THE DEEP ROOTS OF BUSH-HATING. Larry Ribstein overcomes his recent reluctance to blog about politics to remind us that the virulent hatred for President Bush, which during the campaign has found expression in criticism of the war in Iraq, was well in place before the war. He sets out a long quote from a Michael Moore email sent out on September 12, 2001. Moore wrote:

In just 8 months, Bush gets the whole world back to hating us again. He withdraws from the Kyoto agreement, walks us out of the Durban conference on racism, insists on restarting the arms race — you name it, and Baby Bush has blown it all. . . . .

Ah, I remember on the morning of September 11th being told by one of my colleagues that the attacks were a response to our withdrawal from the Durban conference on racism. Living in Madison for the last twenty years, I’d grown used to hearing strong left-wing opinion without verbally reacting, but that was the moment when I started to say no. It wasn’t a decision I made, but purely instinctive revulsion that this was someone’s first assessment of the events of that terrible day.
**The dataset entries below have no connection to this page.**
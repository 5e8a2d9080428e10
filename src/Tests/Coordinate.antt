-- ===== src/Tests/Coordinate.antt =====
-- Runs of the coordinator with two clients, and instances of its theorems.
use gobuild.Common.{
  List, length, ℕ, true, false, ◌≡◌, refl, arith, [], ◌∷◌, none, some, codes, Result, ok, err,
}
use gobuild.Common.Int.{pos}
use gobuild.Strings.{base}
use gobuild.Spec.{BuildSpec, output_path}
use gobuild.Spec.Equality.{eq_spec_self, eq_spec, eq_spec_iff}
use gobuild.Coordinate.{
  BuildRequest, Coordinator, Fault, new_coordinator, kick, kick_loop, kick_start, verdict,
  notify_rest, try_send_all, put_build, start_build,
}
use gobuild.Coordinate.Steps.{
  BuildOutcome, Lookup, outcome_update, register, register_new, register_known, tell_position,
  finish, final_of_lookup,
}
use gobuild.Coordinate.Members.{has_spec, has_path}
use gobuild.Coordinate.Invariant.{Inv, Ensures}
use gobuild.Coordinate.Runs.{registers, finishes, Reach, here, next, run-Inv}
use gobuild.Coordinate.Progress.{IsSaturated}
use gobuild.Coordinate.Saturation.{run-IsSaturated}
use gobuild.Coordinate.Stuck.{IsStuck}
use gobuild.Coordinate.Abandoned.{abandoned_forever}
use gobuild.Coordinate.Drained.{IsDrained, drain, drain-IsDrained}
use gobuild.Coordinate.Delivery.{Holds, finish_delivers}

abbrev spec_of : ℕ → BuildSpec
spec_of n = record {
  mod_path = codes "a.b/c";
  version = n ∷ [];
  dir = codes "/";
  goos = codes "linux";
  goarch = codes "amd64";
  goversion = codes "go1.20";
  stripped = false;
}

abbrev request : ℕ → BuildRequest
request n = record { bs = spec_of n; exp_sum = []; eventc = n }

abbrev not_found : Lookup
not_found = record {
  record_number = pos 0;
  result = none;
  binary_present = false;
  failed = false;
  error = none;
}

abbrev built : BuildOutcome
built = record { record_number = pos 3; result = none; output = []; error = none }

abbrev or_new : Result Fault Coordinator → Coordinator
or_new (ok c) = c
or_new (err e) = new_coordinator 0 0

-- One client waits for the build of its request.
abbrev one_client : Coordinator
one_client = or_new (register (request 7) not_found (new_coordinator 1 4))

-- A second client asks for another version of the module, whose output path is busy.
abbrev two_clients : Coordinator
two_clients = or_new (register (request 8) not_found one_client)

abbrev after_build : Coordinator
after_build = or_new (finish (request 7) built two_clients)

register_first : register (request 7) not_found (new_coordinator 1 4) ≡ ok one_client
unfolding register register_new new_coordinator final_of_lookup kick kick_loop kick_start verdict
    tell_position notify_rest output_path eq_spec try_send_all start_build base
register_first = refl

register_second : register (request 8) not_found one_client ≡ ok two_clients
unfolding register register_new new_coordinator final_of_lookup kick kick_loop kick_start verdict
    tell_position notify_rest output_path eq_spec try_send_all start_build base
register_second = refl

finish_first : finish (request 7) built two_clients ≡ ok after_build
unfolding finish register register_new new_coordinator final_of_lookup kick kick_loop kick_start
    verdict tell_position notify_rest output_path eq_spec try_send_all start_build base
finish_first = refl

started : (after_build.active ≡ 1) × (after_build.queue ≡ [])
unfolding finish register register_new new_coordinator final_of_lookup kick kick_loop kick_start
    verdict tell_position notify_rest output_path eq_spec try_send_all start_build base
started = (refl, refl)

two_clients_reached : Reach (new_coordinator 1 4) two_clients
two_clients_reached =
    next (next here (registers (request 7) not_found register_first))
      (registers (request 8) not_found register_second)

first_runs : has_spec (spec_of 7) two_clients.running ≡ true
unfolding has_spec register register_new new_coordinator final_of_lookup kick kick_loop kick_start
    verdict tell_position notify_rest output_path eq_spec try_send_all start_build base
first_runs = refl

after_build_reached : Reach (new_coordinator 1 4) after_build
after_build_reached = next two_clients_reached (finishes (request 7) built first_runs finish_first)

run-Inv_example : Inv after_build
run-Inv_example = run-Inv 1 4 after_build_reached

run-IsSaturated_example : IsSaturated two_clients
run-IsSaturated_example = run-IsSaturated 1 4 two_clients_reached

first_entry : two_clients.builds (spec_of 7) ≡ some (record { events = 7 ∷ []; final = none })
unfolding register register_new new_coordinator final_of_lookup kick kick_loop kick_start verdict
    tell_position notify_rest output_path eq_spec try_send_all start_build base
first_entry = refl

finish_delivers_example : Holds 7 (outcome_update (request 7) built) after_build.buffers
unfolding register register_new new_coordinator final_of_lookup kick kick_loop kick_start verdict
    tell_position notify_rest output_path eq_spec try_send_all start_build base
finish_delivers_example =
    finish_delivers 7 (request 7) built two_clients (record { events = 7 ∷ []; final = none })
      first_entry refl (omega arith) finish_first

-- A slot is free, and the only listener of the queued request has left.
abbrev left_alone : Coordinator
left_alone = record (new_coordinator 1 4) {
  builds = put_build (spec_of 7) (some (record { events = []; final = none })) (λ _. none);
  queue = request 7 ∷ [];
}

left_alone-Inv : Inv left_alone
unfolding new_coordinator has_spec has_path
left_alone-Inv = record {
  counted = refl;
  bounded = omega arith;
  busy = λ p. refl;
  exclusive = tt;
  queued = λ s h. ground (arith, eq_spec_iff s (spec_of 7), eq_spec_iff (spec_of 7) s);
  building = λ s h. cc;
  unrepeated = (refl, tt);
  apart = λ s h. refl;
}

abbrev dropped : Coordinator
dropped = or_new (kick left_alone)

kick_drops : kick left_alone ≡ ok dropped
unfolding new_coordinator kick kick_loop verdict eq_spec output_path
kick_drops = refl

abbrev asked_again : Coordinator
asked_again = or_new (register (request 7) not_found dropped)

register_again : register (request 7) not_found dropped ≡ ok asked_again
unfolding register register_known new_coordinator kick kick_loop verdict tell_position eq_spec
    output_path
register_again = refl

abandoned_forever_example : IsStuck (spec_of 7) asked_again
abandoned_forever_example =
    abandoned_forever left_alone (request 7) [] (record { events = []; final = none })
      left_alone-Inv (unfold new_coordinator in refl) (unfold new_coordinator in omega arith)
      (unfold new_coordinator in refl) (unfold new_coordinator eq_spec in refl) refl kick_drops
      (next here (registers (request 7) not_found register_again))

both_wait : (length two_clients.queue ≡ 1) × (length two_clients.running ≡ 1)
unfolding register register_new new_coordinator final_of_lookup kick kick_loop kick_start verdict
    tell_position notify_rest output_path eq_spec try_send_all start_build base
both_wait = (refl, refl)

abbrev first_started : BuildRequest → List BuildRequest → BuildRequest
first_started r rs = r

drain-IsDrained_example : Ensures IsDrained (drain first_started (λ r. built) 2 two_clients)
drain-IsDrained_example =
    drain-IsDrained first_started (λ r. built) first_runs_now 1 4 2 two_clients two_clients_reached
      (omega (arith, both_wait.0, both_wait.1))
  where
    first_runs_now :
        (r : BuildRequest) (rs : List BuildRequest)
        → has_spec (first_started r rs).bs (r ∷ rs) ≡ true
    first_runs_now r rs = unfold has_spec in ground (arith, eq_spec_self r.bs)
What the Iraq war has done, Ribstein suggests, is to give the extreme left an issue that works in discussions with more moderate voters. But I would note that the extreme left lost the candidate it wanted in the primaries. Even among the Democrats, a more moderate position was sought, and Kerry got the nomination. Kerry has made a mush of his positions over the months by trying to keep the extreme left segment of the voters, and though he lost me by doing this, I still am somewhat sympathetic to the problem he faced, which is pretty similar to the problem Bush faces on his extreme right. Like Ribstein, I hope Bush wins and I hope, if he does, the Bush haters settle down. But, by the same token, I hope that if Kerry wins, the Kerry haters settle down. There is difficult work ahead for whoever wins, and he’s going to need our support. I think reasonable, moderate, sensible people are in the great majority in this country, and passionate as things may feel as the election comes down to the wire, when the election is over, we’ll be paying a lot less attention to overheated windbags like Moore.